West JG, Kapoor NS, Liao SY, Chen JW, Bailey L, Nagourney RA. Multifocal Breast Cancer in Young Women with Prolonged Contact between Their Breasts and Their Cellular Phones. Case Rep Med. 2013;2013:354682. doi: 10.1155/2013/354682. Epub 2013 Sep 18.
Breast cancer occurring in women under the age of 40 is uncommon in the absence of family history or genetic predisposition, and prompts the exploration of other possible exposures or environmental risks. We report a case series of four young women-ages from 21 to 39-with multifocal invasive breast cancer that raises the concern of a possible association with nonionizing radiation of electromagnetic field exposures from cellular phones. All patients regularly carried their smartphones directly against their breasts in their brassieres for up to 10 hours a day, for several years, and developed tumors in areas of their breasts immediately underlying the phones. All patients had no family history of breast cancer, tested negative for BRCA1 and BRCA2, and had no other known breast cancer risks. Their breast imaging is reviewed, showing clustering of multiple tumor foci in the breast directly under the area of phone contact. Pathology of all four cases shows striking similarity; all tumors are hormone-positive, low-intermediate grade, having an extensive intraductal component, and all tumors have near identical morphology. These cases raise awareness to the lack of safety data of prolonged direct contact with cellular phones.

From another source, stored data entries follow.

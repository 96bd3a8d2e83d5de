-- ===== src/Service/Task/Outcomes.antt =====
-- What one delivery does to its task, by the answer of the port.
use group_buy_market.Prelude.{
  ℕ, ◌==◌, ◌≡◌, refl, ap, ◌∙◌, ◌⊎◌, inl, inr, true, false, ◌||◌, ◌&&◌, ltb_ℤ, pos, ◌+ℤ◌, ◌≤ℤ◌,
  str_eq, List, [], ◌∷◌, ◌++◌, count_where, arith,
}
use group_buy_market.Types.Outcome.{ok, err, GoError}
use group_buy_market.Trade.Entities.{Time}
use group_buy_market.Trade.Notify.{NotifyTaskEntity, is_terminal, move_to, can_transition}
use group_buy_market.Store.Rows.{NotifyTask, World}
use group_buy_market.Store.Call.{statement, ◌>>=◌}
use group_buy_market.Store.Table.{update_where}
use group_buy_market.Store.Only.{Only, update_where-Only, count_where-Only}
use group_buy_market.Repository.Tasks.{is_task, mark, update_notify_task_status}
use group_buy_market.Service.Task.{succeeded, retried, unchanged, TradePort, apply_answer, exec_one}

open_cases : (s : ℕ) → (s == 0 || s == 2) ≡ true → (s ≡ 0) ⊎ (s ≡ 2)
open_cases s h = ground arith

module _ {D : Type 0} where
  -- The task rows after the update of one status.
  abbrev marked : Time → ℕ → NotifyTaskEntity → World D → World D
  marked now status t w = record w {
    db = record w.db { tasks = update_where (is_task t) (mark now status) w.db.tasks };
  }

  -- The run of a delivery that succeeds and of one that fails, over the update of the status.
  exec_one-marks :
      (port : TradePort D) (now : Time) (t : NotifyTaskEntity) (w v : World D)
      → (t.status == 0 || t.status == 2) ≡ true
      → port t w ≡ (ok "success", v)
      → v.faults ≡ []
      → count_where (is_task t) v.db.tasks ≡ 1
      → exec_one port now t w ≡ (ok succeeded, marked now 1 t v)
  unfolding exec_one is_terminal ◌>>=◌ apply_answer move_to can_transition update_notify_task_status
      statement
  exec_one-marks port now t w v s p f one = elim (open_cases t.status s) [
    | inl e ↦ simp (e, p, f, one) refl
    | inr e ↦ simp (e, p, f, one) refl
  ]

  exec_one-remarks :
      (port : TradePort D) (now : Time) (t : NotifyTaskEntity) (w v : World D) (e : GoError)
      → t.status ≡ 0
      → t.notify_count ≤ℤ pos 4
      → port t w ≡ (err e, v)
      → v.faults ≡ []
      → count_where (is_task t) v.db.tasks ≡ 1
      → exec_one port now t w ≡ (ok retried, marked now 2 t v)
  unfolding exec_one is_terminal ◌>>=◌ apply_answer move_to can_transition update_notify_task_status
      statement
  exec_one-remarks port now t w v e s c p f one =
      let few : ltb_ℤ (pos 4) t.notify_count ≡ false = ground arith in simp (s, p, few, f, one) refl

  -- The world with the task's row at a status, and one delivery more counted on it.
  abbrev pub written : World D → List NotifyTask → NotifyTask → List NotifyTask → Time → ℕ → World D
  written w before row after now status = record w {
    db = record w.db {
      tasks =
          before
          ++ record row {
            notify_status = status;
            notify_count = row.notify_count +ℤ pos 1;
            update_time = now;
          }
            ∷ after;
    };
  }

  write_lem :
      (v : World D) (t : NotifyTaskEntity) (before : List NotifyTask) (row : NotifyTask)
      (after : List NotifyTask)
      → Only (λ r. str_eq r.team_id t.team_id && str_eq r.uuid t.uuid) v.db.tasks before row after
      → (now : Time) (status : ℕ) → marked now status t v ≡ written v before row after now status
  write_lem v t before row after only now status =
      ap (λ tasks. record v { db = record v.db { tasks = tasks } })
        (update_where-Only only (mark now status))

  -- A task that waits for its first delivery or for another (0 or 2), whose port answers "success",
  -- and whose row is the only one of its team and key, counts as delivered when no statement fails:
  -- the row has then status 1 and one more on its count, whatever it was, and nothing else changes
  -- after the port's answer but the row's time.
  pub exec_one-success :
      (port : TradePort D) (now : Time) (t : NotifyTaskEntity) (w v : World D)
      (before : List NotifyTask) (row : NotifyTask) (after : List NotifyTask)
      → (t.status == 0 || t.status == 2) ≡ true
      → port t w ≡ (ok "success", v)
      → v.faults ≡ []
      → Only (λ r. str_eq r.team_id t.team_id && str_eq r.uuid t.uuid) v.db.tasks before row after
      → exec_one port now t w ≡ (ok succeeded, written v before row after now 1)
  exec_one-success port now t w v before row after s p f only =
      exec_one-marks port now t w v s p f (count_where-Only only)
      ∙ ap (λ u. (ok succeeded, u)) (write_lem v t before row after only now 1)

  -- A task that waits for another delivery (2), whose port fails and whose count is at most 4, is
  -- left as it is: it counts as unchanged, and the world is the one that the port left, so no
  -- status and no count is written.
  pub exec_one-starves :
      (port : TradePort D) (now : Time) (t : NotifyTaskEntity) (w v : World D) (e : GoError)
      → t.status ≡ 2
      → t.notify_count ≤ℤ pos 4
      → port t w ≡ (err e, v)
      → exec_one port now t w ≡ (ok unchanged, v)
  unfolding exec_one is_terminal ◌>>=◌ apply_answer move_to can_transition
  exec_one-starves port now t w v e s c p =
      let few : ltb_ℤ (pos 4) t.notify_count ≡ false = ground arith in simp (s, p, few) refl

  -- A copy of a task read while it waited for its first delivery (0) with a count of at most 4,
  -- whose delivery fails, sets its row to status 2 and adds one to the row's count when the row is
  -- the only one of its team and key and no statement fails, whatever the status of the row is by
  -- then, also when it is delivered (1): the update asks for none.
  pub exec_one-overwrites :
      (port : TradePort D) (now : Time) (t : NotifyTaskEntity) (w v : World D) (e : GoError)
      (before : List NotifyTask) (row : NotifyTask) (after : List NotifyTask)
      → t.status ≡ 0
      → t.notify_count ≤ℤ pos 4
      → port t w ≡ (err e, v)
      → v.faults ≡ []
      → Only (λ r. str_eq r.team_id t.team_id && str_eq r.uuid t.uuid) v.db.tasks before row after
      → exec_one port now t w ≡ (ok retried, written v before row after now 2)
  exec_one-overwrites port now t w v e before row after s c p f only =
      exec_one-remarks port now t w v e s c p f (count_where-Only only)
      ∙ ap (λ u. (ok retried, u)) (write_lem v t before row after only now 2)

Open access paper: http://www.ncbi.nlm.nih.gov/
Bilal Çiğ, Mustafa Nazıroğlu. Investigation of the effects of distance from sources on apoptosis, oxidative stress and cytosolic calcium accumulation via TRPV1 channels induced by mobile phones and Wi-Fi in breast cancer cells. Biochimica et Biophysica Acta (BBA) - Biomembranes. Available online February 19, 2015.

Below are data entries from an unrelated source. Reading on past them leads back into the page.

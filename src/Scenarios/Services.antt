-- ===== src/Scenarios/Services.antt =====
-- The services at the market of `Market`.
use group_buy_market.Prelude.{
  ℕ, ◌≡◌, refl, ap, pos, String, str_eq, Bool, true, false, List, [], ◌∷◌, arith,
}
use group_buy_market.Types.Outcome.{ok, err, database}
use group_buy_market.Trade.Notify.{NotifyTaskEntity}
use group_buy_market.Store.Rules.{Post}
use group_buy_market.Repository.Tasks.{to_notify_entity}
use group_buy_market.Consistency.Counts.{Consistent}
use group_buy_market.Service.Lock.{lock_order}
use group_buy_market.Service.Lock.Safety.{lock_order-Consistent}
use group_buy_market.Service.Lock.Admission.{Admits, lock_order-Admits}
use group_buy_market.Service.Settlement.{settle_order}
use group_buy_market.Service.Settlement.Safety.{settle_order-Consistent}
use group_buy_market.Service.Settlement.Checks.{Settlable, settle_order-Settlable}
use group_buy_market.Service.Refund.{strategy_map, refund_order_of}
use group_buy_market.Service.Refund.Safety.{refund_order_of-Consistent}
use group_buy_market.Service.Task.{TradePort, exec_one, succeeded, retried, unchanged}
use group_buy_market.Service.Task.Outcomes.{
  written, exec_one-success, exec_one-starves, exec_one-overwrites,
}
use group_buy_market.Scenarios.Market.{
  market, calm, carl, join_request, price, bob_pays, bob_refunds, task_row, with_task,
  market-Consistent,
}

abbrev draws : List ℕ
draws = 1 ∷ 2 ∷ 3 ∷ []

abbrev no_black : String → String → Bool
no_black source channel = false

lock_order-Consistent_example :
    Consistent (lock_order (pos 5) (pos 10) draws draws carl join_request price calm).1.db
lock_order-Consistent_example =
    lock_order-Consistent (pos 5) (pos 10) draws draws carl join_request price calm
      (λ e. omega arith) market-Consistent

lock_order-Admits_example :
    Post
      (lock_order (pos 5) (pos 10) draws draws carl join_request price)
      calm
      (λ order v. Admits market (pos 5) (pos 100) "carl")
lock_order-Admits_example =
    lock_order-Admits (pos 5) (pos 10) draws draws carl join_request price calm

settle_order-Consistent_example :
    Consistent (settle_order no_black (pos 500) "topic" bob_pays calm).1.db
settle_order-Consistent_example =
    settle_order-Consistent no_black (pos 500) "topic" "T" bob_pays calm
      ((λ e. refl), ((λ e. refl), tt)) market-Consistent

settle_order-Settlable_example :
    Post
      (settle_order no_black (pos 500) "topic" bob_pays)
      calm
      (λ result v. Settlable no_black bob_pays market)
settle_order-Settlable_example = settle_order-Settlable no_black (pos 500) "topic" bob_pays calm

refund_order_of-Consistent_example :
    Consistent (refund_order_of (strategy_map (pos 600) "refunds") "topic" bob_refunds calm).1.db
refund_order_of-Consistent_example =
    refund_order_of-Consistent (pos 600) "topic" "refunds" bob_refunds calm
      (((λ e. let c : true ≡ false = ap (str_eq "o2") e in cc), tt), (tt, tt)) market-Consistent

-- A port that answers, and one that does not.
abbrev good_port : TradePort ℕ
good_port t w = (ok "success", w)

abbrev bad_port : TradePort ℕ
bad_port t w = (err (database "down"), w)

abbrev waiting : NotifyTaskEntity
waiting = to_notify_entity task_row

exec_one-success_example :
    exec_one good_port (pos 7) waiting (with_task 0)
    ≡ (ok succeeded, written (with_task 0) [] task_row [] (pos 7) 1)
exec_one-success_example =
    exec_one-success good_port (pos 7) waiting (with_task 0) (with_task 0) [] task_row [] refl refl
      refl (record { at = refl; hit = refl; front = tt; back = tt })

exec_one-starves_example :
    exec_one bad_port (pos 7) (record waiting { status = 2 }) (with_task 2)
    ≡ (ok unchanged, with_task 2)
exec_one-starves_example =
    exec_one-starves bad_port (pos 7) (record waiting { status = 2 }) (with_task 2) (with_task 2)
      (database "down") refl (omega arith) refl

-- The row is delivered already; the copy was read before.
exec_one-overwrites_example :
    exec_one bad_port (pos 7) waiting (with_task 1)
    ≡ (ok retried, written (with_task 1) [] (record task_row { notify_status = 1 }) [] (pos 7) 2)
exec_one-overwrites_example =
    exec_one-overwrites bad_port (pos 7) waiting (with_task 1) (with_task 1) (database "down") []
      (record task_row { notify_status = 1 }) [] refl (omega arith) refl refl
      (record { at = refl; hit = refl; front = tt; back = tt })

AbstractTRPV1 is a Ca2 + permeable channel and gated by noxious heat, oxidative stress and capsaicin (CAP). Some reports have indicated that non-ionized electromagnetic radiation (EMR)-induces heat and oxidative stress effects. We aimed to investigate the effects of distance from sources on calcium signaling, cytosolic ROS production, cell viability, apoptosis, plus caspase-3 and -9 values induced by mobile phones and Wi-Fi in breast cancer cells
MCF-7 human breast cancer cell lines were divided into A, B, C and D groups as control, 900, 1800 and 2450 MHz groups, respectively. Cells in Group A were used as control and were kept in cell culture conditions without EMR exposure. Groups B, C and D were exposed to the EMR frequencies at different distances (0 cm, 1 cm, 5 cm, 10 cm, 20 cm and 25 cm) for one hour before CAP stimulation. The cytosolic ROS production, Ca2 + concentrations, apoptosis, caspase-3 and caspase-9 values were higher in groups B, C and D than in A group at 0 cm, 1 cm and 5 cm distances although cell viability (MTT) values were increased by the distances. There was no statistically significant difference in the values between control, 20 and 25 cm.
Wi-Fi and mobile phone EMR placed within 10 cm of the cells induced excessive oxidative responses and apoptosis via TRPV1-induced cytosolic Ca2 + accumulation in the cancer cells. Using cell phones and Wi-Fi sources which are farther away than 10 cm may provide useful protection against oxidative stress, apoptosis and overload of intracellular Ca2 +. This article is part of a Special Issue entitled: Membrane channels and transporters in cancers.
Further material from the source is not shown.